The Office of Information Policy (OIP) recently published its annual Summary and Assessment of the Chief FOIA Officer Reports for 2016. It’s hard to take their findings seriously, however, when they conclude that agencies earned overwhelmingly positive marks despite growing dissatisfaction among requesters who use the Freedom of Information Act (FOIA).
Two good examples of bad methodology can easily be found in the survey questions OIP used to rate both: 1) how well agencies implement the President’s and the Attorney General Holder’s instructions to proactively disclose documents where possible; and 2) how well agencies are reducing their backlogs of FOIA requests. These examples reflect the larger problem with FOIA implementation: that agencies are less focused on the quality of responses and released records, and more about complying with the law’s requirements on paper.
Frequent FOIA requesters are frustrated with both of these aspects, so the perfunctory questions of whether an agency has a process to identify proactive disclosures or if the backlog has decreased don’t get to the root of the problems.
OIP should more thoroughly examine whether the processes for determining if records are ripe for proactive disclosure are working before rubber-stamping a 100% satisfactory rating because an agency merely has a process. For example, OIP should be asking what kinds of records are being proactively posted. Agencies who just post their annual reports online, a great practice, shouldn’t receive the same marks as an agency who actively posts records that may interest the public as they are created.
Similarly, OIP should require agencies to report how many backlogged requests were closed due to a requester withdrawing his or her request versus how many requesters had their requests closed on them because the requester didn’t answer a “still interested letter” in a timely manner.
Reducing the backlogs of requests is a great initiative for agencies to take. However, the purpose of FOIA isn’t to have a zero balance of requests, it is to release non-protected information to the public in a timely and responsive manner.

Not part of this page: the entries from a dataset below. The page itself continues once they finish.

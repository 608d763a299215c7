-- ===== src/Ledger/Fallback/View.antt =====
-- The ledger as its clients see it: an outbox of requests in order of arrival, one for each id,
-- with no hashes, clocks or telemetry.
use vesper_platform.Base.{
  ℕ, suc, String, ◌≡◌, refl, sym, ap, ◌∙◌, Bool, true, false, Option, none, some, List, [], ◌∷◌,
  ◌++◌, arith, map, length, if◌then◌else◌, Bytes, str_eq, eq_iff, subst,
}
use vesper_platform.Ledger.Fallback.{
  LedgerBlock, Host, Ledger, Outcome, done, new_ledger, zeroize, dequeue_transaction, append_block,
  execute_transaction, verify_integrity, clear_queue, toggle_network_sim, get_telemetry_snapshot,
  get_queue_ids, get_queue_status, get_transaction_payload, compute_block_hash, payload_in,
}
use vesper_platform.Ledger.Fallback.Chain.{hash_of, relink, AreLive, IsChained-AreLive}
use vesper_platform.Ledger.Fallback.Index.{position, AreDistinct, remove_id}
use vesper_platform.Ledger.Fallback.Invariant.{
  genesis, IsWellFormed, queue-zeroize, replaced-eq-zeroize, new_ledger-IsWellFormed,
}
use vesper_platform.Ledger.Fallback.Verify.{
  verify_integrity-Verdict, verify_integrity_of_IsWellFormed,
}
use vesper_platform.Ledger.Fallback.Lifecycle.{
  IsReady, Call, execute, dequeue, erase, clear, online, verify, snapshot, after, step, run,
  step-IsWellFormed, step-IsReady, zeroize-SameMode, zeroize_all-SameMode, run-new_ledger-IsSound,
}

pub record Outbox : Type 0 where
  pub entries : List (String × Bytes)
  pub is_online : Bool

abbrev pub entries_of : List LedgerBlock → List (String × Bytes)
entries_of [] = []
entries_of (b ∷ bs) = (b.id, b.serialized_request) ∷ entries_of bs

abbrev pub view : Ledger → Outbox
view s = record { entries = entries_of s.queue; is_online = s.is_online }

unfoldable pub drop_key : String → List (String × Bytes) → List (String × Bytes)
drop_key id [] = []
drop_key id ((k, v) ∷ es) = if str_eq k id then drop_key id es else (k, v) ∷ drop_key id es

unfoldable pub find_key : String → List (String × Bytes) → Option Bytes
find_key id [] = none
find_key id ((k, v) ∷ es) = if str_eq k id then some v else find_key id es

-- What a call does to the outbox. A request is kept only while the ledger is told to be offline.
unfoldable pub outbox_step : Outbox → Call → Outbox
outbox_step o (execute id request ttl) = record o {
  entries =
      if o.is_online then drop_key id o.entries else drop_key id o.entries ++ (id, request) ∷ [];
}
outbox_step o (dequeue id) = record o { entries = drop_key id o.entries }
outbox_step o (erase id) = record o { entries = drop_key id o.entries }
outbox_step o clear = record o { entries = [] }
outbox_step o (online b) = record o { is_online = b }
outbox_step o verify = o
outbox_step o snapshot = o

unfoldable pub outbox_run : Outbox → List Call → Outbox
unfolding outbox_step
outbox_run o [] = o
outbox_run o (c ∷ cs) = outbox_run (outbox_step o c) cs

abbrev pub empty_outbox : Outbox
empty_outbox = record { entries = []; is_online = true }

entries_of-relink : (e : Bytes) (bs : List LedgerBlock) → entries_of (relink e bs) ≡ entries_of bs
unfolding relink
entries_of-relink e [] = refl
entries_of-relink e (b ∷ bs) = rw (entries_of-relink (hash_of b e) bs)

entries_of-remove_id :
    (id : String) (bs : List LedgerBlock)
    → entries_of (remove_id id bs) ≡ drop_key id (entries_of bs)
unfolding remove_id drop_key
entries_of-remove_id id [] = refl
entries_of-remove_id id (b ∷ bs) = ground (arith, entries_of-remove_id id bs)

entries_of-append :
    (bs : List LedgerBlock) (b : LedgerBlock)
    → entries_of (bs ++ b ∷ []) ≡ entries_of bs ++ (b.id, b.serialized_request) ∷ []
entries_of-append [] b = refl
entries_of-append (c ∷ bs) b = rw (entries_of-append bs b)

module _ (host : Host) where
  entries_of-zeroize :
      (id : String) (s : Ledger)
      → IsWellFormed s
      → entries_of (zeroize host id s).queue ≡ drop_key id (entries_of s.queue)
  entries_of-zeroize id s w =
      ap entries_of (queue-zeroize host id s w)
      ∙ entries_of-relink genesis (remove_id id s.queue)
      ∙ entries_of-remove_id id s.queue

  -- On a ready ledger `dequeueTransaction` erases exactly as `zeroize` does.
  pub dequeue-eq-zeroize :
      (id : String) (s : Ledger)
      → IsReady s
      → dequeue_transaction host id s ≡ done tt (zeroize host id s)
  unfolding dequeue_transaction zeroize
  dequeue-eq-zeroize id s r = ground arith

  view-append_block :
      (id : String) (request : Bytes) (ttl : ℕ) (s : Ledger)
      → view (append_block host id request ttl s)
        ≡ record { entries = entries_of s.queue ++ (id, request) ∷ []; is_online = s.is_online }
  unfolding append_block compute_block_hash
  view-append_block id request ttl s = rw (entries_of-append s.queue)

  view-execute :
      (id : String) (request : Bytes) (ttl : ℕ) (s : Ledger)
      → IsWellFormed s
      → IsReady s
      → view (step host s (execute id request ttl)) ≡ outbox_step (view s) (execute id request ttl)
  unfolding step outbox_step execute_transaction
  view-execute id request ttl s w r = rw (replaced-eq-zeroize host id s) (
      ground (
        arith,
        zeroize-SameMode host id s,
        entries_of-zeroize id s w,
        view-append_block id request ttl (zeroize host id s),
      ))

  pub view-erase :
      (id : String) (s : Ledger)
      → IsWellFormed s
      → view (zeroize host id s) ≡ outbox_step (view s) (erase id)
  unfolding outbox_step
  view-erase id s w = ground (arith, zeroize-SameMode host id s, entries_of-zeroize id s w)

  view-verify : (s : Ledger) → IsWellFormed s → view (verify_integrity host s).1 ≡ view s
  view-verify s w =
      ground (arith, verify_integrity-Verdict host s, verify_integrity_of_IsWellFormed host s w)

  -- Each call on a well-formed, ready ledger does to the outbox what the specification says.
  pub view-step :
      (s : Ledger) (c : Call)
      → IsWellFormed s
      → IsReady s
      → view (step host s c) ≡ outbox_step (view s) c
  unfolding step outbox_step toggle_network_sim get_telemetry_snapshot clear_queue
  view-step s (execute id request ttl) w r = view-execute id request ttl s w r
  view-step s (dequeue id) w r =
      ap (λ (o : Outcome (Unit {0})). view (after s o)) (dequeue-eq-zeroize id s r)
      ∙ view-erase id s w
  view-step s (erase id) w r = view-erase id s w
  view-step s clear w r = ground (arith, zeroize_all-SameMode host s.queue s)
  view-step s (online o) w r = refl
  view-step s verify w r = view-verify s w
  view-step s snapshot w r = refl

  pub view-run_from :
      (s : Ledger) (cs : List Call)
      → IsWellFormed s
      → IsReady s
      → view (run host s cs) ≡ outbox_run (view s) cs
  unfolding run outbox_run
  view-run_from s [] w r = refl
  view-run_from s (c ∷ cs) w r =
      view-run_from (step host s c) cs (step-IsWellFormed host s c w) (step-IsReady host s c w r)
      ∙ ap (λ (o : Outbox). outbox_run o cs) (view-step s c w r)

payload_in-eq-find_key :
    (id : String) (bs : List LedgerBlock)
    → AreDistinct bs
    → AreLive bs
    → payload_in bs (position id bs) ≡ find_key id (entries_of bs)
unfolding position find_key payload_in
payload_in-eq-find_key id [] d l = refl
payload_in-eq-find_key id (b ∷ bs) d l =
    ground (arith, payload_in-eq-find_key id bs d.1 l.1, eq_iff b.id id)

-- `getTransactionPayload` is the lookup of the id in the outbox.
pub payload-find_key :
    (id : String) (s : Ledger)
    → IsWellFormed s
    → get_transaction_payload id s ≡ find_key id (entries_of s.queue)
unfolding get_transaction_payload
payload-find_key id s w =
    ap (payload_in s.queue) (w.indexed id)
    ∙ payload_in-eq-find_key id s.queue w.distinct (IsChained-AreLive genesis s.queue w.chained)

unfoldable pub keys : List (String × Bytes) → List String
keys es = map (λ e. e.0) es

pub get_queue_ids-keys :
    (bs : List LedgerBlock) → map (λ (b : LedgerBlock). b.id) bs ≡ keys (entries_of bs)
unfolding keys
get_queue_ids-keys [] = refl
get_queue_ids-keys (b ∷ bs) = rw (get_queue_ids-keys bs)

length-entries_of : (bs : List LedgerBlock) → length (entries_of bs) ≡ length bs
length-entries_of [] = refl
length-entries_of (b ∷ bs) = ap suc (length-entries_of bs)

-- What a client reads off a ledger is what the outbox holds: its size, its ids in order, and the
-- payload of every id; and the ledger is neither locked nor marked compromised.
pub record Shows (s : Ledger) (o : Outbox) : Type 0 where
  pub size : (get_queue_status s).size ≡ length o.entries
  pub unlocked : (get_queue_status s).is_locked ≡ false
  pub uncompromised : (get_queue_status s).is_integrity_compromised ≡ false
  pub ids : get_queue_ids s ≡ keys o.entries
  pub payload : (id : String) → get_transaction_payload id s ≡ find_key id o.entries

Shows-view : (s : Ledger) → IsWellFormed s → IsReady s → Shows s (view s)
unfolding get_queue_status get_queue_ids
Shows-view s w r = record {
  size = sym (length-entries_of s.queue);
  unlocked = r.0;
  uncompromised = r.1;
  ids = get_queue_ids-keys s.queue;
  payload = λ id. payload-find_key id s w;
}

-- After any sequence of calls on a new ledger, what a client reads off the ledger is what the
-- outbox specification holds after the same calls.
pub run-Shows-outbox_run :
    (host : Host) (cs : List Call) → Shows (run host new_ledger cs) (outbox_run empty_outbox cs)
run-Shows-outbox_run host cs =
    let (w, r) = run-new_ledger-IsSound host cs in
    subst (Shows (run host new_ledger cs))
      (view-run_from host new_ledger cs new_ledger-IsWellFormed (refl, refl))
      (Shows-view (run host new_ledger cs) w r)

Given these questions and ratings, it is unsurprising that OIP declares agency implementation of FOIA a success. However, given the unrest among the users of FOIA, it is also unsurprising that in a House Committee on Government Oversight and Reform hearing last year, Chairman Jason Chaffetz told the head of OIP that she was “living in la-la land” if she really believed OIP’s determination that agencies are doing a great job implementing FOIA.
In order to fully capture the state of FOIA implementation in agencies today, OIP’s methodology in these annual reports needs to include questions that get to the heart of the issues of implementation – not ones that provide a figurative check box for agencies to pat themselves on the back for a job well done.